A large prospective study has uncovered two blood biomarker profiles measured during acute COVID-19 that are associated with cognitive deficits months later.

Higher fibrinogen and lower C-reactive protein predict both objective and subjective cognitive impairment.

Higher D-dimer and lower C-reactive protein predict subjective deficits and occupational impact.

Key Facts:

  • In 1,837 COVID-19 patients, two acute blood biomarker profiles predict cognitive deficits 6-12 months later.
  • High fibrinogen and normal C-reactive protein links to objective and subjective deficits.
  • High D-dimer and normal C-reactive protein links to subjective deficits and work difficulties.
  • Findings replicated in 90 million patient electronic records.
  • Biomarker profiles may aid prognosis and suggest treatment targets.

Source: Nature Medicine (2023)

Deciphering Long COVID Brain Fog: Biomarker Analysis

Up to one in three COVID-19 survivors experience lasting neuropsychiatric symptoms, including memory and concentration problems dubbed “brain fog”.

These cognitive deficits often persist for months, disrupt work and daily life, yet their biological basis remains unknown.

Now, an international team has uncovered possible clues by linking acute blood biomarker profiles to later onset of cognitive impairment in two large longitudinal studies.

Their findings, published in Nature Medicine, point to two distinct biological pathways that could be driving post-COVID brain fog in different patient subsets.

The discovery of predictive blood biomarkers could enable better prognosis for cognitive outcomes and suggest targets for treatments and prevention.

These results help delineate the complex mechanisms underlying cognitive deficits in post-COVID syndrome and point towards specific biological processes that could be targeted by future treatments.

Tracking Biomarkers and Cognition in 1,837 COVID Patients (Study)

The team analyzed data from the Post-Hospitalization COVID-19 Study (PHOSP-COVID), which is following over 6,000 COVID-19 survivors discharged from dozens of UK hospitals.

Focusing on 1,837 patients who completed blood tests and cognitive assessments, the researchers used a technique called canonical correlation analysis to link blood biomarker profiles during acute COVID-19 to scores on cognitive tests 6-12 months later.

The cognitive assessments included both objective tools like the Montreal Cognitive Assessment (MoCA) and subjective self-reports of “brain fog” symptoms like trouble concentrating.

This enabled the team to tease apart biomarkers linked to measurable vs. perceived deficits.

2 Distinct Blood Biomarker Signatures Discovered

The analysis revealed two specific blood biomarker signatures.

Profile 1: High Fibrinogen, Normal CRP = Objective + Subjective Deficits

The first biomarker profile combined:

  • High fibrinogen levels
  • Normal C-reactive protein (CRP)

This profile during acute COVID-19 was linked to both objectively measurable cognitive deficits on the MoCA 6-12 months later, as well as subjectively reported “brain fog” symptoms.

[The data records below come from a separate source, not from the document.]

-- ===== src/Server/Serving.antt =====
-- Reads of src/blockstorage_server.cc behind writes in a row.
use replicated_block_store.Prelude.{ℕ, ◌≡◌, ◌≤◌, ◌+◌, ◌/◌, ap, ◌∙◌, List, All, Bytes, arith, false}
use replicated_block_store.Disk.{Disk, Faults}
use replicated_block_store.Address.{block_size, block_storage_max_size}
use replicated_block_store.Address.Paths.{max_blocks}
use replicated_block_store.Device.{Device, read_device, read_shown}
use replicated_block_store.Device.Laws.{HasBlocks, read_shown-congr}
use replicated_block_store.Server.{Server, ok, Outcome, returns}
use replicated_block_store.Server.Block.{ReadReply, read}
use replicated_block_store.Server.Staging.{Calm}
use replicated_block_store.Server.View.{view}
use replicated_block_store.Server.Sound.{IsSound}
use replicated_block_store.Server.Runs.{
  Request, IsWhole, run, write_all, write_all-congr, run_replicates,
}
use replicated_block_store.Server.Reading.{HasNoZero, read-shown, read_shown_lem}

pub HasBlocks-sound :
    (d : Disk) (a : ℕ) → a + block_size ≤ block_storage_max_size → IsSound d → HasBlocks (view d) a
HasBlocks-sound d a bound s = record {
  first = let (c, e, _) = s.full (a / block_size) (omega arith) in (c, e);
  second = λ u. let (c, e, _) = s.full (a / block_size + 1) (ground arith) in (c, e);
}

-- A server whose blocks are those of the device `v` shows what `v` holds.
pub read-view :
    (os : Faults) (a : ℕ) (s : Server) (v : Device)
    → Calm os
    → a + block_size ≤ block_storage_max_size
    → IsSound s.disk
    → ((b : ℕ) → b ≤ max_blocks → view s.disk b ≡ v b)
    → read os false a s ≡ (returns (record { status = ok; buffer = read_shown a v; error = 0 }), s)
read-view os a s v calm bound sound same =
    read-shown os a s calm bound (HasBlocks-sound s.disk a bound sound)
    ∙ ap (λ t. (returns (record { status = ok; buffer = t; error = 0 }), s))
        (read_shown-congr a (view s.disk) v (same (a / block_size) (omega arith))
          (same (a / block_size + 1) (omega arith)))

abbrev answer_of : Outcome ReadReply × Server → Outcome ReadReply
answer_of r = r.0

abbrev shown : Bytes → Outcome ReadReply
shown t = returns (record { status = ok; buffer = t; error = 0 })

-- Behind any number of writes of 4096 bytes within the bounds, from disks with the same blocks, on
-- which every block is there and no temporary file is, and with nothing refused and the cache off,
-- a read of 4096 bytes within the bounds answers OK on either server, with the bytes that the writes
-- make of the device, as long as no zero byte is among them.
pub run-read :
    (os osb : Faults) (rs : List Request) (a : ℕ) (s p : Server)
    → Calm os
    → Calm osb
    → All IsWhole rs
    → IsSound s.disk
    → IsSound p.disk
    → ((b : ℕ) → view p.disk b ≡ view s.disk b)
    → a + block_size ≤ block_storage_max_size
    → HasNoZero (read_device a (write_all rs (view s.disk)))
    → let w = run os osb false rs s p in
      let answer : Outcome ReadReply =
        returns (record {
          status = ok;
          buffer = read_device a (write_all rs (view s.disk));
          error = 0;
        }) in
      ((read os false a w.1).0 ≡ answer) × ((read osb false a w.2).0 ≡ answer)
run-read os osb rs a s p calm calmb whole sound soundb equal bound nz =
    let (_, vs, vp, ss, sp) = run_replicates os osb false rs s p calm calmb whole sound soundb in
    let full = read_shown_lem a (write_all rs (view s.disk)) nz in
    (
      ap answer_of (read-view os a _ _ calm bound ss vs) ∙ ap shown full,
      ap answer_of (
            read-view osb a _ _ calmb bound sp
              (λ b hb. vp b hb ∙ write_all-congr rs _ _ b (equal b)))
          ∙ ap shown full,
    )
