-- ===== src/System.antt =====
-- The three processes together: clients (src/client.cc), the load balancer (src/load_balancer.cc)
-- and two block servers (src/blockstorage_server.cc). gRPC carries each call to the process that
-- listens at the address, or answers UNAVAILABLE; CACHE_ON is 0. One request runs at a time.
pub mod Serving
pub mod Routes
pub mod Session
pub mod Pinging
pub mod Failover
use replicated_block_store.Prelude.{
  ℕ, ◌+◌, Option, none, some, Bool, true, false, ◌&&◌, List, [], ◌∷◌, Bytes, bytes_eq,
  if◌then◌else◌,
}
use replicated_block_store.Disk.{Faults}
use replicated_block_store.Server.{
  Server, StatusCode, ok, unavailable, unknown, Outcome, returns, throws, crashes,
}
use replicated_block_store.Server.Block.{Stub, ReadReply, WriteReply, read}
use replicated_block_store.Server.Write.{write}
use replicated_block_store.Server.Link.{linked, down, status_of}
use replicated_block_store.LoadBalancer.{LoadBalancer, route_read, route_write}
use replicated_block_store.Client
use replicated_block_store.Client.{Report}

-- Where the two servers listen, which of them are up, what their kernels refuse, and the ids that
-- the clock gives.
pub record Site : Type 0 where
  pub addr_a : Bytes
  pub addr_b : Bytes
  pub up_a : Bool
  pub up_b : Bool
  pub os_a : Faults
  pub os_b : Faults
  pub clock : ℕ → Bytes

pub record Cluster : Type 0 where
  pub balancer : LoadBalancer
  pub at_a : Server
  pub at_b : Server
  pub ticks : ℕ

-- A call of Read: the processes, and the reply that it fills.
pub record Reading : Type 0 where
  pub cluster : Cluster
  pub reply : Bytes

-- The server's stub for its peer.
abbrev pub peer : Bool → Faults → Stub Server
peer up os = if up then linked os else down

abbrev write_status : Outcome WriteReply → StatusCode
write_status (returns r) = r.status
write_status throws = unknown
write_status crashes = unavailable

-- A reply travels with OK only.
abbrev read_status : Outcome ReadReply → StatusCode × Bytes
read_status (returns r) = (r.status, elim r.status [ ok ↦ r.buffer | _ ↦ [] ])
read_status throws = (unknown, [])
read_status crashes = (unavailable, [])

module _ (site : Site) where
  -- The calls that arrive at an address.
  unfoldable pub call_write : Bytes → ℕ → Bytes → Cluster → StatusCode × Cluster
  call_write target addr buffer c =
      let now = site.clock c.ticks in
      if bytes_eq target site.addr_a && site.up_a
      then (let (o, a, b) =
            write site.os_a false (peer site.up_b site.os_b) now addr buffer c.at_a c.at_b in
          (write_status o, record c { at_a = a; at_b = b; ticks = c.ticks + 1 }))
      else if bytes_eq target site.addr_b && site.up_b
      then (let (o, b, a) =
            write site.os_b false (peer site.up_a site.os_a) now addr buffer c.at_b c.at_a in
          (write_status o, record c { at_a = a; at_b = b; ticks = c.ticks + 1 }))
      else (unavailable, c)

  unfoldable pub call_read : Bytes → ℕ → Reading → StatusCode × Reading
  call_read target addr r =
      let c = r.cluster in
      if bytes_eq target site.addr_a && site.up_a
      then (let (o, a) = read site.os_a false addr c.at_a in
          let (status, buffer) = read_status o in
          (status, record { cluster = record c { at_a = a }; reply = buffer }))
      else if bytes_eq target site.addr_b && site.up_b
      then (let (o, b) = read site.os_b false addr c.at_b in
          let (status, buffer) = read_status o in
          (status, record { cluster = record c { at_b = b }; reply = buffer }))
      else (unavailable, record { cluster = c; reply = [] })

  -- The load balancer's client returns with the status of its last attempt. Its fuel is enough.
  abbrev settle : {S : Type 0} → Option (Report S) → S → Outcome StatusCode × S
  settle none s = (crashes, s)
  settle (some r) s = (returns r.status, r.state)

  -- `BlockStorageService::Write` and `Read` of the load balancer.
  unfoldable pub lb_write : ℕ → Bytes → Cluster → Outcome StatusCode × Cluster
  lb_write addr buffer c =
      let (client, lb) = route_write c.balancer in
      let c' = record c { balancer = lb } in
      elim client [
        | none ↦ (crashes, c')
        | some target ↦ settle (Client.write (call_write target addr buffer) c') c'
      ]

  unfoldable pub lb_read : ℕ → Reading → Outcome StatusCode × Reading
  lb_read addr r =
      let (client, lb) = route_read r.cluster.balancer in
      let r' = record r { cluster = record r.cluster { balancer = lb } } in
      elim client [
        | none ↦ (crashes, r')
        | some target ↦ settle (Client.read (call_read target addr) r') r'
      ]

  abbrev delivered : {S : Type 0} → Outcome StatusCode × S → StatusCode × S
  delivered (o, s) = (status_of o, s)

  -- `BlockStorageClient::Write` and `Read` of a client program; a read clears the reply.
  unfoldable pub client_write : ℕ → Bytes → Cluster → Option (Report Cluster)
  client_write addr buffer c = Client.write (λ s. delivered (lb_write addr buffer s)) c

  unfoldable pub client_read : ℕ → Cluster → Option (Report Reading)
  client_read addr c =
      Client.read (λ r. delivered (lb_read addr (record r { reply = [] })))
        (record { cluster = c; reply = [] })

Profile 2: High D-Dimer, Normal CRP = Subjective Deficits + Work Difficulties

The second biomarker profile combined:

  • High D-dimer levels
  • Normal CRP

This acute profile predicted subjective cognitive complaints 6-12 months later, as well as self-reported difficulty working and occupational changes.

However, it was not linked to objectively measured deficits on the MoCA.

The team confirmed that these biomarker-cognitive relationships were independent of illness severity and not explained by pre-COVID cognition.

The findings also replicated in a separate analysis of medical records from over 90 million patients.

Possible Mechanisms of Brain Fog & Cognitive Impairment in Long-COVID

Profile 1, combining high fibrinogen with normal CRP, points towards hypercoagulation and inflammation in the brain.

Fibrinogen is essential for blood clotting and also spurs immune activation.

The researchers hypothesize SARS-CoV-2 may damage the blood-brain barrier so fibrinogen can enter the brain, triggering microglial inflammation, neuronal damage, and amyloid buildup.

Meanwhile, Profile 2, with high D-dimer and normal CRP, may signify vascular blood clots leading to inadequate oxygen supply.

D-dimer is a marker of thrombotic events, which are common in severe COVID-19.

COVID-related lung clots could limit oxygenation, starving the brain and impairing cognition.

Supporting this, the D-dimer-cognition link was mediated by shortness of breath and fatigue.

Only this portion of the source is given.